Venus physique, contenant deux dissertations, l´une, sur l´origine des hommes et des animaux: et l´autre, sur l´origine des noirs.
A la Haye, Jean Martin Husson, 1746.

Second edition of this important book in the development of the theories of sexual generation, substantially anticipating the ideas of Darwin, Mendel and de Vries appearing over a century later. Stirred up by the appearance in Paris of a “White Negro” (a young African albino) Maupertuis began his researches on generation and heredity and in 1744 he anonymously published a little book entitled Dissertation physique a l’occasion du negre blanc. When a new edition appeared in the following year the title was changed to Venus physique. It had a second part added and was revised with more fully analyzed arguments against the then dominant biological theory of the preformation of the embryo. Maupertuis convincingly argued that the embryo could not be preformed, either in the egg or in the animalcule (spermatozoon), since hereditary characteristics could be passed down equally through the male or the female parent. Both works were published anonymously to avoid repercussions from Church authorities. Of particular interest is that Maupertuis in this book for the first time in the history of embryology draws a parallel between processes in living beings and those of the foetus and that of the 'Arbor Dianæ´– that is '”when one mixes silver and spirits of nitre with mercury and water, the particles of these substances come together themselves to form a vegetation so like a tree that it has been impossible to refuse it the name.” The 'Arbor Dianæ’ played a great part in the embryological controversies of the eighteenth century. It was a natural phenomenon quite unexplained by the chemists of the time. We know that its formation is a simpler process than anything which occurs in the developing embryo, but the growth of knowledge has made it undeniably clear that the same forces which operate in the formation of the 'Arbor Dianæ’ are at work also in the developing embryo” (Needham). By this remarkable observation Maupertuis may be said to be a prophetic precursor of the discovery of the molecular structure of DNA (1953) and its genetical implications. A Swedish edition was published in 1784 and an English, The Earthly Venus, was published in New York in 1966(!).

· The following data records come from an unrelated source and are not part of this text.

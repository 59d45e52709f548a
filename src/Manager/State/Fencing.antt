-- ===== src/Manager/State/Fencing.antt =====
-- A checkpoint is committed only to the generation that it read: `commit_revision` of
-- src/sandbox_manager/state.py, over whole histories.
use litellm_gateway.Prelude.{
  ℕ, suc, ◌≤◌, String, ◌≡◌, ap, ◌∙◌, refl, Bool, true, false, Option, none, some, List, [], ◌∷◌,
  ◌++◌, ◌==◌, eq_iff, eq_refl, is_some, All, arith, inl, inr, Bool-cases, if◌then◌else◌,
  Option-cases, opt_eq, ◌&&◌,
}
use litellm_gateway.Prelude.Json.{Json}
use litellm_gateway.Prelude.Table.{find_by, delete_where, update_where}
use litellm_gateway.Manager.State.{Workspace, Sandbox, Store, ok, err, conflict}
use litellm_gateway.Manager.State.Workspaces.{new_workspace, is_recoverable, workspace_row}
use litellm_gateway.Manager.State.Sandboxes.{claimed, released, claim_workspace}
use litellm_gateway.Manager.State.Operations.{commit_revision}
use litellm_gateway.Manager.State.Outcomes
use litellm_gateway.Manager.State.Outcomes.{Tables, Same}
use litellm_gateway.Manager.State.Idempotency.{Keeping}
use litellm_gateway.Manager.State.History.{
  Call, creates, deletes, schedules, transitions, claims, marks, renews, finishes, opens, updates,
  commits, consumes, run, run_all, run_all_induction,
}

-- The generation of a Workspace that is there.
unfoldable pub generation_of : List Workspace → String → Option ℕ
generation_of [] k = none
generation_of (w ∷ ws) k = if w.id == k then some w.generation else generation_of ws k

pub generation_of-update :
    (p : Workspace → Bool) (f : Workspace → Workspace) (ws : List Workspace) (k : String)
    → ((w : Workspace) → (f w).id ≡ w.id)
    → ((w : Workspace) → (f w).generation ≡ w.generation)
    → generation_of (update_where p f ws) k ≡ generation_of ws k
unfolding generation_of update_where
generation_of-update p f [] k same_id same = refl
generation_of-update p f (w ∷ ws) k same_id same =
    ground (arith, same_id w, same w, generation_of-update p f ws k same_id same)

abbrev next : Bool → Option ℕ → Option ℕ
next true (some g) = some (suc g)
next b g = g

generation_of-claim :
    (sid j : String) (now : ℕ) (ws : List Workspace) (k : String)
    → generation_of (update_where (λ w. w.id == j) (claimed sid now) ws) k
      ≡ next (j == k) (generation_of ws k)
unfolding generation_of update_where
generation_of-claim sid j now [] k = ground arith
generation_of-claim sid j now (w ∷ ws) k =
    ground (arith, eq_iff w.id j, eq_iff w.id k, eq_iff j k, generation_of-claim sid j now ws k)

generation_of-append :
    (w : Workspace) (ws : List Workspace) (k : String)
    → generation_of (ws ++ w ∷ []) k ≡ (
        if is_some (generation_of ws k)
        then generation_of ws k
        else (if w.id == k then some w.generation else none))
unfolding generation_of
generation_of-append w [] k = refl
generation_of-append w (v ∷ ws) k = ground (arith, generation_of-append w ws k)

generation_of-delete :
    (j : String) (ws : List Workspace) (k : String)
    → (k == j) ≡ false
    → generation_of (delete_where (λ w. w.id == j) ws) k ≡ generation_of ws k
unfolding generation_of delete_where
generation_of-delete j [] k h = refl
generation_of-delete j (w ∷ ws) k h =
    ground (arith, eq_iff w.id j, eq_iff w.id k, eq_iff k j, generation_of-delete j ws k h)

generation_of_found :
    (ws : List Workspace) (k : String) {w : Workspace}
    → find_by (λ v. v.id) k ws ≡ some w
    → generation_of ws k ≡ some w.generation
unfolding generation_of find_by
generation_of_found [] k h = cc
generation_of_found (v ∷ ws) k {w} h = elim (Bool-cases (v.id == k)) [
  | inl e ↦ ground arith
  | inr e ↦ rw e (generation_of_found ws k {w = w} (ground arith))
]

generation_of_missing :
    (ws : List Workspace) (k : String) → find_by (λ v. v.id) k ws ≡ none → generation_of ws k ≡ none
unfolding generation_of find_by
generation_of_missing [] k h = refl
generation_of_missing (v ∷ ws) k h = ground (arith, generation_of_missing ws k)

-- The Workspace is there, at a generation that is at least `g`.
abbrev pub AtLeast : ℕ → Option ℕ → Type 0
AtLeast g none = ⊥
AtLeast g (some n) = g ≤ n

module _ (k : String) (g : ℕ) where
  abbrev Reached : Store → Type 0
  Reached s = AtLeast g (generation_of s.workspaces k)

  kept-Reached :
      (t s : Store)
      → generation_of t.workspaces k ≡ generation_of s.workspaces k
      → Reached s
      → Reached t
  kept-Reached t s e h = rw e h

  same_Reached :
      (t : Store) (ws : List Workspace) (s : Store)
      → t.workspaces ≡ ws
      → generation_of ws k ≡ generation_of s.workspaces k
      → Reached s
      → Reached t
  same_Reached t ws s e f h = kept-Reached t s (ap (λ x. generation_of x k) e ∙ f) h

  run-Reached : (c : Call) (s : Store) → Keeping k c → Reached s → Reached (run c s)
  unfolding run
  run-Reached (creates j kind volume now) s q h =
      elim (Outcomes.create_workspace_outcome s j kind volume now) [
        | inl e ↦ same_Reached (run (creates j kind volume now) s) s.workspaces s e.0 refl h
        | inr (e, new) ↦
            same_Reached (run (creates j kind volume now) s) _ s e.0
              (ground
                (arith, generation_of-append (new_workspace j kind volume now) s.workspaces k))
              h
      ]
  run-Reached (deletes j) s q h = elim (Outcomes.delete_workspace_outcome s j) [
    | inl e ↦ same_Reached (run (deletes j) s) s.workspaces s e.0 refl h
    | inr (e, free) ↦
        same_Reached (run (deletes j) s) _ s e.0 (generation_of-delete j s.workspaces k q) h
  ]
  run-Reached (schedules j after now) s q h = elim (Outcomes.schedule_outcome s j after now) [
    | inl e ↦ same_Reached (run (schedules j after now) s) s.workspaces s e.0 refl h
    | inr e ↦
        same_Reached (run (schedules j after now) s) _ s e.0
          (generation_of-update (is_recoverable j)
            (λ w. record w { delete_after = some after; updated_at = now }) s.workspaces k
            (λ w. refl) (λ w. refl))
          h
  ]
  run-Reached (transitions j expected status now) s q h =
      elim (Outcomes.transition_outcome s j expected status now) [
        | inl e ↦ same_Reached (run (transitions j expected status now) s) s.workspaces s e.0 refl h
        | inr (e, free) ↦
            same_Reached (run (transitions j expected status now) s) _ s e.0
              (generation_of-update (λ w. w.id == j)
                (λ w. record w { status = status; updated_at = now }) s.workspaces k (λ w. refl)
                (λ w. refl))
              h
      ]
  run-Reached (claims j sid host name now till) s q h =
      elim (Outcomes.claim_outcome s j sid host name now till) [
        | inl e ↦ same_Reached (run (claims j sid host name now till) s) s.workspaces s e.0 refl h
        | inr (e, free, fresh, there) ↦
            ground (arith, e.0, generation_of-claim sid j now s.workspaces k)
      ]
  run-Reached (marks sid now) s q h = elim (Outcomes.mark_outcome s sid now) [
    | inl e ↦ same_Reached (run (marks sid now) s) s.workspaces s e.0 refl h
    | inr e ↦
        same_Reached (run (marks sid now) s) _ s e.0
          (generation_of-update (λ w. opt_eq w.active_sandbox_id (some sid))
            (λ w. record w { updated_at = now }) s.workspaces k (λ w. refl) (λ w. refl))
          h
  ]
  run-Reached (renews sid till) s q h = elim (Outcomes.renew_outcome s sid till) [
    | inl e ↦ same_Reached (run (renews sid till) s) s.workspaces s e.0 refl h
    | inr e ↦ same_Reached (run (renews sid till) s) s.workspaces s e.0 refl h
  ]
  run-Reached (finishes sid status workspace_status now) s q h =
      elim (Outcomes.finish_outcome s sid status workspace_status now) [
        | inl e ↦
            same_Reached (run (finishes sid status workspace_status now) s) s.workspaces s e.0 refl
              h
        | inr (b, there, e) ↦
            same_Reached (run (finishes sid status workspace_status now) s) _ s e.0
              (generation_of-update
                (λ w. w.id == b.workspace_id && opt_eq w.active_sandbox_id (some sid))
                (released workspace_status now) s.workspaces k (λ w. refl) (λ w. refl))
              h
      ]
  run-Reached (opens oid operation j sid key input now) s q h =
      same_Reached (run (opens oid operation j sid key input now) s) s.workspaces s
        (Outcomes.create_operation_outcome s oid operation j sid key input now).0 refl h
  run-Reached (updates oid status phase result error now) s q h =
      same_Reached (run (updates oid status phase result error now) s) s.workspaces s
        (Outcomes.update_operation_outcome s oid status phase result error now).0 refl h
  run-Reached (commits j oid rid generation result now) s q h =
      elim (Outcomes.commit_outcome s j oid rid generation result now) [
        | inl e ↦
            same_Reached (run (commits j oid rid generation result now) s) s.workspaces s e.0 refl h
        | inr (e, free) ↦
            same_Reached (run (commits j oid rid generation result now) s) _ s e.0
              (generation_of-update (λ w. w.id == j)
                (λ w. record w {
                  head_revision = some rid;
                  status = "detached_clean";
                  updated_at = now;
                })
                s.workspaces k (λ w. refl) (λ w. refl))
              h
      ]
  run-Reached (consumes nonce till now) s q h =
      same_Reached (run (consumes nonce till now) s) s.workspaces s
        (Outcomes.consume_nonce_outcome s nonce till now).0 refl h

claim_workspace-generation :
    (k sid host name : String) (now till g : ℕ) (s : Store) (r : Workspace × Sandbox)
    → generation_of s.workspaces k ≡ some g
    → (claim_workspace k sid host name now till s).0 ≡ ok r
    → generation_of (claim_workspace k sid host name now till s).1.workspaces k ≡ some (suc g)
unfolding claim_workspace
claim_workspace-generation k sid host name now till g s r at h =
    ground (arith, eq_refl k, generation_of-claim sid k now s.workspaces k)

commit_revision-stale :
    (k oid rid : String) (g : ℕ) (result : Json) (now : ℕ) (s : Store)
    → AtLeast (suc g) (generation_of s.workspaces k)
    → commit_revision k oid rid g result now s ≡ (err conflict, s)
unfolding commit_revision
commit_revision-stale k oid rid g result now s h = elim (Option-cases (workspace_row k s)) [
  | inl e ↦ ground (arith, generation_of_missing s.workspaces k e)
  | inr (w, e) ↦ ground (arith, generation_of_found s.workspaces k e)
]

-- Once a Sandbox has claimed a Workspace at the generation `g`, no checkpoint of that generation is
-- committed any more: whatever calls follow, as long as none deletes the Workspace, committing it is
-- a conflict and changes nothing.
pub stale_checkpoint_refused :
    (k sid host name : String) (at till g : ℕ) (s : Store) (r : Workspace × Sandbox)
    (cs : List Call) (oid rid : String) (result : Json) (now : ℕ)
    → generation_of s.workspaces k ≡ some g
    → (claim_workspace k sid host name at till s).0 ≡ ok r
    → All (Keeping k) cs
    → let t = run_all cs (claim_workspace k sid host name at till s).1 in
      commit_revision k oid rid g result now t ≡ (err conflict, t)
stale_checkpoint_refused k sid host name at till g s r cs oid rid result now there claimed between =
    commit_revision-stale k oid rid g result now
      (run_all cs (claim_workspace k sid host name at till s).1)
      (run_all_induction (λ t. AtLeast (suc g) (generation_of t.workspaces k)) (Keeping k)
        (run-Reached k (suc g)) cs _ between
        (ground (arith, claim_workspace-generation k sid host name at till g s r there claimed)))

Collation: Pp. (8), Dissertation physique a l´occasion du negre blanc: pp 1-110, Second Partie: Dissertation sur l´origine des noirs: pp (2), 113-152, Table des matieres: pp 153-168.

Binding: Untrimmed in original grey-paper boards.

Provenance: David Schultz (1732-1823; ennobled von Schultzenheim).

References: Garrison & Morton, 215.1 (1744 ed.), 215.2 ( 1745 ed.); Heirs of Hippocrates, 847 (1845 ed.); Norman, 1459 (1744 ed.), 1460 (1745 ed.); Osler 3349 (1744 ed.), 3350 (1745 ed.); Wellcome IV, p. 175; Needham, A History of Embryology, 2nd ed. (1959), pp 218-220; DSB, IX, 186-89; Cole, Early Theories of Sexual Generation, pp 93-94. 174-75; B. Glass 'Maupertuis, Pioneer of Genetics and and Evolution’ in Glass (ed.) Forerunners of Darwin 1745-1859 (1959); Hagelin, The Womans Booke, p 109. Waller 6354 (1745 ed.), 6355 (this ed.).